MatrixAI / Polykey

Polykey Core Library
https://polykey.com
GNU General Public License v3.0
29 stars 4 forks source link

Async API for Notifications & Delay-Tolerant Synchronisation #248

Closed CMCDragonkai closed 1 year ago

CMCDragonkai commented 2 years ago

Specification

The notifications system is better understood as a message queueing system (https://en.wikipedia.org/wiki/Message_queue). Communications is currently implemented with gRPC, meaning notifications is built in the RPC paradigm.

There are some benefits to choosing a messaging paradigm instead.

All these models make it possible for one software component to affect the behavior of another component over a network. They are different in that RPC- and ORB-based middleware create systems of tightly coupled components, whereas MOM-based systems allow for a loose coupling of components. In an RPC- or ORB-based system, when one procedure calls another, it must wait for the called procedure to return before it can do anything else. In these synchronous messaging models, the middleware functions partly as a super-linker, locating the called procedure on a network and using network services to pass function or method parameters to the procedure and then to return results. https://en.wikipedia.org/wiki/Message-oriented_middleware

It's possible to build a messaging system on top of RPC. Actually RPC and messaging are sort of equivalent, in that RPC can be built on top of a messaging protocol and messaging can be built on top of RPC. See https://github.com/yarpc/yarpc-go as an example of messaging system on top of gRPC.

Right now our architecture has gRPC on top of a lower transport-level network domain. We could build a messaging system on top of gRPC but we would be reimplementing alot of features that other messaging protocols already have.

In addition to notifications, there's also the desire to build lazy gossip protocol that helps us replicate and have eventually consistent gestalt graph as well as ACL state.
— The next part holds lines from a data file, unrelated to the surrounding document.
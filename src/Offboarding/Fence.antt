-- ===== src/Offboarding/Fence.antt =====
-- src/bluelab/lifecycle: the fence of the history's sequence. What an operation was staged on still
-- stands when it is applied, since each application moves the sequence of its organisation.
use bluelab_backend_prod.Prelude.{
  ℕ, ◌+◌, ◌≤◌, ◌≡◌, ◌∙◌, ap, map, refl, sym, subst, Bool, true, false, not, Option, none, some,
  List, [], ◌∷◌, ◌++◌, ◌==◌, leb, find, All, ok, arith, Bool-cases, Option-cases, inl, inr,
}
use bluelab_backend_prod.Offboarding.{
  DeletionRestriction, LifecycleAction, confirm_term, renew_term, extend, claim, TermData,
  LifecycleEvent, LifecycleOperation, LifecycleStatus, LifecycleTables, Org, active, offboarding,
  purging, is_active, is_purging, find_operation, find_org,
}
use bluelab_backend_prod.Offboarding.Commands.{accepted_org, accept_operation}
use bluelab_backend_prod.Offboarding.Claim.{is_due, claim_blocker, claimed_run}
use bluelab_backend_prod.Offboarding.Episode.{extension_data}
use bluelab_backend_prod.Offboarding.Terms.{term_data}
use bluelab_backend_prod.Subjects.{Request, is_pending_op, op_applied, update_first}

-- What a staged operation found in its organisation, for all that happens up to a time.
abbrev pub is_ready : ℕ → LifecycleAction → Org → Bool
is_ready by (confirm_term d) g = not (is_purging g.lifecycle_status)
is_ready by (renew_term d) g = not (is_purging g.lifecycle_status)
is_ready by (claim run) g = is_due by g
is_ready by (extend old new) g = leb old new
is_ready by _ g = true

-- A pending operation expects a sequence that its organisation has not passed; while the
-- organisation is there, what the operation found in it stands.
abbrev pub Fenced : ℕ → List Org → LifecycleOperation → Type 0
Fenced by orgs o =
    (g : Org)
    → find (λ x. x.id == o.org) orgs ≡ some g
    → is_pending_op o.status ≡ true
    → (o.expected_sequence ≤ g.lifecycle_sequence)
      × (o.expected_sequence ≡ g.lifecycle_sequence → is_ready by o.action g ≡ true)

-- An organisation that is purged is due.
abbrev pub Due : ℕ → Org → Type 0
Due by g = is_purging g.lifecycle_status ≡ true → is_due by g ≡ true

pub record IsFenced (by : ℕ) (t : LifecycleTables) : Type 0 where
  pub fenced : All (Fenced by t.orgs) t.operations
  pub due : All (Due by) t.orgs

-- The moves of an organisation: an active one is offboarded, an offboarded one is restored or
-- claimed, and a claimed one stays.
abbrev pub moves : LifecycleStatus → LifecycleStatus → Bool
moves active active = true
moves active offboarding = true
moves active purging = false
moves offboarding s = true
moves purging purging = true
moves purging _ = false

-- A deadline is kept or moved later.
abbrev pub is_later : Option ℕ → Option ℕ → Bool
is_later none d = true
is_later (some d) none = false
is_later (some d) (some d') = leb d d'

pub record Change (by : ℕ) (t : LifecycleTables) (g g' : Org) : Type 0 where
  pub allowed : moves g.lifecycle_status g'.lifecycle_status ≡ true
  pub stays : is_purging g.lifecycle_status ≡ true → g'.purge_eligible_at ≡ g.purge_eligible_at
  pub lasts :
      is_active g.lifecycle_status ≡ false
      → is_active g'.lifecycle_status ≡ false
      → (g'.offboarding_id ≡ g.offboarding_id)
        × (is_later g.purge_eligible_at g'.purge_eligible_at ≡ true)
  pub clears :
      is_purging g'.lifecycle_status ≡ true
      → is_purging g.lifecycle_status ≡ false
      → (is_due by g' ≡ true) × (claim_blocker g.id t ≡ false)

abbrev pub moved_to : LifecycleEvent → (Org → Org) → Org → Org
moved_to e f g = record (f g) { lifecycle_sequence = e.sequence }

abbrev pub applied_by : LifecycleEvent → LifecycleOperation → LifecycleOperation
applied_by e x = record x { status = op_applied; resulting_sequence = some e.sequence }

-- A list that keeps its elements in their places.
abbrev pub Grows {ℓ} : {A : Type ℓ} → List A → List A → Type ℓ
Grows {A = A} xs ys = (extra : List A) × (ys ≡ xs ++ extra)

append_nothing {ℓ} : {A : Type ℓ} (xs : List A) → xs ++ [] ≡ xs
append_nothing [] = refl
append_nothing (x ∷ xs) = ap (λ ys. x ∷ ys) (append_nothing xs)

pub Grows-same {ℓ} : {A : Type ℓ} {xs ys : List A} → ys ≡ xs → Grows xs ys
Grows-same {xs = xs} same = ([], same ∙ sym (append_nothing xs))

-- What an accepted operation may do to the tables that it is not fenced by: no term, run or deletion
-- restriction is removed, and the subject requests stay.
pub record Entered (t t' : LifecycleTables) : Type 0 where
  pub terms : Grows t.terms t'.terms
  pub runs : Grows t.runs t'.runs
  pub restrictions :
      Grows (map DeletionRestriction.id t.restrictions) (map DeletionRestriction.id t'.restrictions)
  pub requests : t'.requests ≡ t.requests

pub unentered :
    {t t' : LifecycleTables}
    → t'.terms ≡ t.terms
    → t'.runs ≡ t.runs
    → t'.restrictions ≡ t.restrictions
    → t'.requests ≡ t.requests
    → Entered t t'
unentered terms runs restrictions requests = record {
  terms = Grows-same terms;
  runs = Grows-same runs;
  restrictions = Grows-same (ap (map DeletionRestriction.id) restrictions);
  requests = requests;
}

-- One step of the lifecycle: nothing, other requests, only a new pending operation, only an
-- operation rewritten in place, or an accepted operation with the change of its organisation.
pub data Evolves (by : ℕ) (t t' : LifecycleTables) : Type 0 where
  kept : t' ≡ t → Evolves by t t'
  answered : (rows : List Request) → t' ≡ record t { requests = rows } → Evolves by t t'
  staged :
      (o : LifecycleOperation)
      → t' ≡ record t { operations = t.operations ++ o ∷ [] }
      → Fenced by t.orgs o
      → Evolves by t t'
  rewritten :
      (id : ℕ) (f : LifecycleOperation → LifecycleOperation)
      → t' ≡ record t { operations = update_first (λ x. x.id == id) f t.operations }
      → ((o : LifecycleOperation)
          → find_operation id t ≡ some o
          → Fenced by t.orgs o
          → Fenced by t.orgs (f o))
      → Evolves by t t'
  settled :
      (o : LifecycleOperation) (e : LifecycleEvent) (f : Org → Org) (g : Org)
      → find_org o.org t ≡ some g
      → e.sequence ≡ g.lifecycle_sequence + 1
      → ((x : Org) → (f x).id ≡ x.id)
      → Change by t g (moved_to e f g)
      → t'.orgs ≡ update_first (λ x. x.id == o.org) (moved_to e f) t.orgs
      → t'.operations ≡ update_first (λ x. x.id == o.id) (applied_by e) t.operations
      → Entered t t'
      → Evolves by t t'

pub All-find {ℓ κ} :
    {A : Type ℓ} (P : A → Type κ) (p : A → Bool) (xs : List A) {x : A}
    → All P xs
    → find p xs ≡ some x
    → P x
All-find P p [] h e = absurd (cc)
All-find P p (y ∷ xs) {x = x} h e = elim (Bool-cases (p y)) [
  | inl here ↦ subst P (ground arith) h.0
  | inr later ↦ All-find P p xs h.1 (ground arith)
]

-- The operation that an event is for, and its organisation.
pub accepted_org-ok :
    (o : LifecycleOperation) (e : LifecycleEvent) (t : LifecycleTables) {g : Org}
    → accepted_org o e t ≡ ok g
    → (is_pending_op o.status ≡ true)
      × (e.sequence ≡ o.expected_sequence + 1)
      × (find_org o.org t ≡ some g)
      × (g.lifecycle_sequence ≡ o.expected_sequence)
unfolding accepted_org
accepted_org-ok o e t {g} h = elim (Option-cases (find_org o.org t)) [
  | inl unknown ↦ absurd (ground arith)
  | inr (x, found) ↦ (ground arith, ground arith, ground arith, ground arith)
]

-- An accepted operation settles, if the change that it makes is allowed where it is ready, with
-- whatever is entered in the other tables.
pub accept_operation-Evolves :
    (by : ℕ) (t : LifecycleTables) (id : ℕ) (o : LifecycleOperation) (e : LifecycleEvent)
    (f : Org → Org) (g : Org) {t' : LifecycleTables}
    → IsFenced by t
    → find_operation id t ≡ some o
    → is_pending_op o.status ≡ true
    → e.sequence ≡ o.expected_sequence + 1
    → find_org o.org t ≡ some g
    → g.lifecycle_sequence ≡ o.expected_sequence
    → ((x : Org) → (f x).id ≡ x.id)
    → (is_ready by o.action g ≡ true → Change by t g (moved_to e f g))
    → t'.orgs ≡ (accept_operation o e f t).orgs
    → t'.operations ≡ (accept_operation o e f t).operations
    → Entered t t'
    → Evolves by t t'
unfolding accept_operation
accept_operation-Evolves by t id o e f g inv known pending next found here same change orgs ops
      entered =
    let fence =
      All-find (Fenced by t.orgs) (λ x. x.id == id) t.operations inv.fenced known g found pending in
    settled o e f g found (ground arith) same (change (fence.1 (sym here))) orgs ops entered

pub ready-term :
    (by : ℕ) (a : LifecycleAction) (g : Org) {d : TermData}
    → term_data a ≡ some d
    → is_ready by a g ≡ true
    → is_purging g.lifecycle_status ≡ false
ready-term by a g h r = ground arith

pub ready-claim :
    (by : ℕ) (a : LifecycleAction) (g : Org) {run : ℕ}
    → claimed_run a ≡ some run
    → is_ready by a g ≡ true
    → is_due by g ≡ true
ready-claim by a g h r = ground arith

pub ready-extension :
    (by : ℕ) (a : LifecycleAction) (g : Org) {d : ℕ × ℕ}
    → extension_data a ≡ some d
    → is_ready by a g ≡ true
    → leb d.0 d.1 ≡ true
ready-extension by a g h r = ground arith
We need to think holistically here and ensure that anything we build for an asynchronous messaging-paradigm can be used for all these usecases and constraints:

A good place to start would be to review the AsyncAPI standard: https://www.asyncapi.com/docs/specifications/v2.2.0#definitionsProtocol. This standard is about describing asynchronous protocols similar to OpenAPI which is used primarily for RESTful or RPCful HTTP APIs.

We should also be aware of how this relates to synchronous transactions that are currently occurring in a blocking manner. If they can be redesigned to be asynchronous, we could improve UX and avoid blocking operations over the network.

Additional context

Tasks

  1. ...
  2. ...
  3. ...
CMCDragonkai commented 1 year ago

Our notification system is sort of delay tolerant synchronisation, or human-in-the-loop interactions.

We can think of notifications as an interaction that requires the human to take action before the interaction can complete.

As for being able to "send", it would require an outbox system that retries sending.

This is getting closer to reimplementing email... so we need to ensure we don't feature creep too much here.

Which is why looking into Async API standard is a good idea: https://www.asyncapi.com/docs/concepts/message

Email as a protocol is really insecure and very clunky and old. It's just really hard to automate (wasn't designed to be machine-parseable).

CMCDragonkai commented 1 year ago

QUIC streams will make this cheap to do. We can "pull" to establish a stream, then react to data that is pushed over the stream.

As for delay tolerance, that will require something else. It's sort like a buffer with a retry. A sort of out-box for operations.

It's possible we can re-use our task system to do the retry, and not have to develop domain-specific outboxes.

tegefaulkes commented 1 year ago

For delay tolerant operations we can make use of the task scheduler. If we attempt some RPC operation such as sending a notification and it fails. We can schedule a task to retry it after some delay. If the task fails again we can try again after a longer delay. There should be a threshold for attempts where we give up altogether.

CMCDragonkai commented 1 year ago
  1. Notifications is a queue
  2. RPC is now JSON - it's not asynchronous, but requires other side to be answering
  3. Delay tolerance can work in 3 ways: sender queue, intermediate queue, receiver queue
  4. Sender queue would be the task manager
  5. Intermediate queue - not sure where this would apply atm... primarily in terms of synchronisation, like gossip or vault sync where 2/3 nodes synced up
  6. Receiver queue would be the notifications, notifications may need to be read and actioned out

Therefore I don't think we need any API changes. We're have all the building blocks.

Async API could be useful to standardise our notification-related API.

image

But right now that's going to be overkill (because also we have a lot of other API related behaviour that has nothing to do with async calls) so I'm going to say wontfix atm.

One could certainly use our JSON RPC API to build the async API.

I think we will have a better idea of what exactly we need when we spec out the interaction between PKE and Polykey as well as Polykey-Desktop, where the CLI is just one interface. And the CLI interface is very batchy, so it doesn't even make use of async API much, but PKE and desktop will do so.

Will revisit when needed. @amydevs

CMCDragonkai commented 1 week ago

This ended up being implemented (to some extent) in #695.